[Collected data entries]
= Beginning of Section =

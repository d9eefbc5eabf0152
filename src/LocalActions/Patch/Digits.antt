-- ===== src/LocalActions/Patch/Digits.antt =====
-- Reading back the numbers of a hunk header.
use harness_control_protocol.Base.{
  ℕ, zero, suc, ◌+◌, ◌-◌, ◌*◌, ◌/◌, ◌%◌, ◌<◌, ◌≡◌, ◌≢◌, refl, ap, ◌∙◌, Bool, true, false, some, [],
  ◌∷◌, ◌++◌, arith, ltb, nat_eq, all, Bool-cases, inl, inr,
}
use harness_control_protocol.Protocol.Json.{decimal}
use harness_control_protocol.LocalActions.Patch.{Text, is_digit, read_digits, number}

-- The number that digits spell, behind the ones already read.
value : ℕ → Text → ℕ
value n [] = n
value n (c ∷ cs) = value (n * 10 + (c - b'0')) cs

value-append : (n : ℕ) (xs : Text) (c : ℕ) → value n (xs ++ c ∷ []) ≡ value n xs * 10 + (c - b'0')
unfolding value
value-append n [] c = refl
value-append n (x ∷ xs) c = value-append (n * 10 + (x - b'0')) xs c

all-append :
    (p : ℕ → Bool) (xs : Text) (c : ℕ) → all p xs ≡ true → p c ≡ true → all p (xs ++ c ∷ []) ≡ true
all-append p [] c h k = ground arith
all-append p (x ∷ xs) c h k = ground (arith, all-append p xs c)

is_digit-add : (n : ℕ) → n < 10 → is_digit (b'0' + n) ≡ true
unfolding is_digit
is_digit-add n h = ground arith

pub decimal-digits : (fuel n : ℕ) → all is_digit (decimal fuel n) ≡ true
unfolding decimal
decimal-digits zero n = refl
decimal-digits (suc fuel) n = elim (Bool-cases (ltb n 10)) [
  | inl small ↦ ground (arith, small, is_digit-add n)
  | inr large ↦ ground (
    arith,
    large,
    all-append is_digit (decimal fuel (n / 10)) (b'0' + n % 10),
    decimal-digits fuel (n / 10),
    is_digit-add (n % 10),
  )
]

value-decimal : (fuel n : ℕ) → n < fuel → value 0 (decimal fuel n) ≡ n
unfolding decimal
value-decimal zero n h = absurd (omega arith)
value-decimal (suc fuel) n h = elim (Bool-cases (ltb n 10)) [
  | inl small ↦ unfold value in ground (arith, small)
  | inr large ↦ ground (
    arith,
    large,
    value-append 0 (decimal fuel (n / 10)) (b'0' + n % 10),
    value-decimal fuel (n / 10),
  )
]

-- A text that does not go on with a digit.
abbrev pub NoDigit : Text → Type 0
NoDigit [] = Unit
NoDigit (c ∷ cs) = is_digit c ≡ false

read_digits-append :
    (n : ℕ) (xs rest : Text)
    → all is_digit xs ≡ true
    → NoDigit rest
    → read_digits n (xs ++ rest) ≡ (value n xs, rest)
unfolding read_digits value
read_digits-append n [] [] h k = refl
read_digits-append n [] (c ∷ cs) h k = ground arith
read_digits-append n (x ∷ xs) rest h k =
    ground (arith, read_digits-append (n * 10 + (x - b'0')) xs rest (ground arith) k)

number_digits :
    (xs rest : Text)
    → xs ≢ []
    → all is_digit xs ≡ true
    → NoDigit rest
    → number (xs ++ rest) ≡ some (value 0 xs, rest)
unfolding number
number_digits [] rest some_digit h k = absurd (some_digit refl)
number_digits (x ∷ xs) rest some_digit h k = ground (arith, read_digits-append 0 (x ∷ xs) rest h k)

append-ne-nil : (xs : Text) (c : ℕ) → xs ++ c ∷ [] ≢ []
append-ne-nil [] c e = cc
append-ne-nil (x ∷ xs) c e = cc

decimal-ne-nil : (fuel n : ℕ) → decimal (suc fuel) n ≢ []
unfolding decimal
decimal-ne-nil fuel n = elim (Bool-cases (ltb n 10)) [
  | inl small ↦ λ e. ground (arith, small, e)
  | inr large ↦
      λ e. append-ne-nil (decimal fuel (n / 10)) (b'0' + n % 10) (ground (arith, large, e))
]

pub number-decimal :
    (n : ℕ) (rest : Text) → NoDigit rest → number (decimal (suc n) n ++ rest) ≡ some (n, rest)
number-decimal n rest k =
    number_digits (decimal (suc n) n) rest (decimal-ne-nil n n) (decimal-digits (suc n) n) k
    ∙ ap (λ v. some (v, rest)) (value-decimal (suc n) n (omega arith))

= End of Section =
= Beginning of Section =

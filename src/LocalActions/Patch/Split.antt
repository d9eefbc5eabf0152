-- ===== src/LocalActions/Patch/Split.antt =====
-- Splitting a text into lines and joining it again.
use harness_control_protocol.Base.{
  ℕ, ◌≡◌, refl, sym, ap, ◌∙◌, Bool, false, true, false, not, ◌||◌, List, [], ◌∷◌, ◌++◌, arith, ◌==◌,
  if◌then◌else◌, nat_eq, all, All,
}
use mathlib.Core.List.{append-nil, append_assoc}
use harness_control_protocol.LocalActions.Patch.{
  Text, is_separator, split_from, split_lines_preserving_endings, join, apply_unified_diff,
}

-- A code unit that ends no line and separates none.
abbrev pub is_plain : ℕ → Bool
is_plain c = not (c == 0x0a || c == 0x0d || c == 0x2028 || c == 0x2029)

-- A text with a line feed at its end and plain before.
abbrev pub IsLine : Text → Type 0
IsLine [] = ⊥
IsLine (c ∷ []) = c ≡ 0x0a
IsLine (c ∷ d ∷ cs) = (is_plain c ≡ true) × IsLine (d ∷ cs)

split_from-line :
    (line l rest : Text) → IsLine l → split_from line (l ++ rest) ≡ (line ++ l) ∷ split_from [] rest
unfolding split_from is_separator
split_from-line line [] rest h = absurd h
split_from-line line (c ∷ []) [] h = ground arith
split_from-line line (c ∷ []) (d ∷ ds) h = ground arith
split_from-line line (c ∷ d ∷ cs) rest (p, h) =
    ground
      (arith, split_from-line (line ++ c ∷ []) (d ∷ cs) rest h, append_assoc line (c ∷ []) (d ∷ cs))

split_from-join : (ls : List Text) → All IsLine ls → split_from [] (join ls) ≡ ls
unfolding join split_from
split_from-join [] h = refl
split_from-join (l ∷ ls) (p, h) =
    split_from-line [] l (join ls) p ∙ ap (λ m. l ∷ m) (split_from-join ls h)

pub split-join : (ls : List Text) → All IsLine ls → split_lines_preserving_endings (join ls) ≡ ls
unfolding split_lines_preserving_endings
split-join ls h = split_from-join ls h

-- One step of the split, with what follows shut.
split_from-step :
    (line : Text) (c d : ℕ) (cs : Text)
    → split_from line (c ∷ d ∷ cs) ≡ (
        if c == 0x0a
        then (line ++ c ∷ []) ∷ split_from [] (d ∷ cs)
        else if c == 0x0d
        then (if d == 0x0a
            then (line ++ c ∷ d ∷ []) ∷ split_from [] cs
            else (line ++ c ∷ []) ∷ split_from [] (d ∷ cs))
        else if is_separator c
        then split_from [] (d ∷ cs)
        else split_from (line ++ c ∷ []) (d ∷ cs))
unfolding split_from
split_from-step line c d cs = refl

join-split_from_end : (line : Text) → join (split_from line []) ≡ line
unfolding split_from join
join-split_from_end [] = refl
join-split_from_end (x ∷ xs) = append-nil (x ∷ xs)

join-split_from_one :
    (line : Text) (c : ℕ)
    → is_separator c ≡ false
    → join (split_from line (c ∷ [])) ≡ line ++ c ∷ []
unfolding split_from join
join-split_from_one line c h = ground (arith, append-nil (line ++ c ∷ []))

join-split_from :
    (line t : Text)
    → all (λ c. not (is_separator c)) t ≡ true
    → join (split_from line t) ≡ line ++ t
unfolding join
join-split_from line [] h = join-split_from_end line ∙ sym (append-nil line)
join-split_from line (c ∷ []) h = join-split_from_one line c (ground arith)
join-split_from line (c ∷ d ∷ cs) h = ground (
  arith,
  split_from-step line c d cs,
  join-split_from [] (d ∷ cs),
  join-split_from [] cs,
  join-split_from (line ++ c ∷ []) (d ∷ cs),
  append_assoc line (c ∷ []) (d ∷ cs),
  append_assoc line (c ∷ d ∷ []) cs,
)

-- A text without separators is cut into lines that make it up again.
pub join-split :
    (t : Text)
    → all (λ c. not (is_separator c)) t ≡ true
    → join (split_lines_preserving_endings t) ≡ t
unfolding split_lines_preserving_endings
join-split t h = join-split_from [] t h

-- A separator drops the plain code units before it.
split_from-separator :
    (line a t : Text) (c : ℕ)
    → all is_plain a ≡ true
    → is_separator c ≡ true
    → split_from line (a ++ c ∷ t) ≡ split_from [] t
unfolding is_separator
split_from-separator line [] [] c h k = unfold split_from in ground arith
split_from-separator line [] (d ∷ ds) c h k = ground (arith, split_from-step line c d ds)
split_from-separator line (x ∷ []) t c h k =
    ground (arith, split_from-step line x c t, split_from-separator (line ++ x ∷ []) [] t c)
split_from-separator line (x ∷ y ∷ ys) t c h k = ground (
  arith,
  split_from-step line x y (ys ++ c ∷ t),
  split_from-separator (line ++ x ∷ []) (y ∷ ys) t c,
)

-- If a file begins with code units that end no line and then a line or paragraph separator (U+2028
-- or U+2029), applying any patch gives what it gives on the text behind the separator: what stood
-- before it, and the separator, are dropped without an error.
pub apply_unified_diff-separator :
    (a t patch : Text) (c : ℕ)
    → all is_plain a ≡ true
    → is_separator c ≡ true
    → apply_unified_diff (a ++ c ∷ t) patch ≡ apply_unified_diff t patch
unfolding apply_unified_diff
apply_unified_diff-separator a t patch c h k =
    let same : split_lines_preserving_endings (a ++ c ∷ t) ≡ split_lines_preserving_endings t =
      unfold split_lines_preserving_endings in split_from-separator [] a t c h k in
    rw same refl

= End of Section =

Find the line with "else split_from (line" in the entries above. Retype it and each line after it, exactly, through the line with "join-split_from_end (x ∷", and stop there.

        else split_from (line ++ c ∷ []) (d ∷ cs))
unfolding split_from
split_from-step line c d cs = refl

join-split_from_end : (line : Text) → join (split_from line []) ≡ line
unfolding split_from join
join-split_from_end [] = refl
join-split_from_end (x ∷ xs) = append-nil (x ∷ xs)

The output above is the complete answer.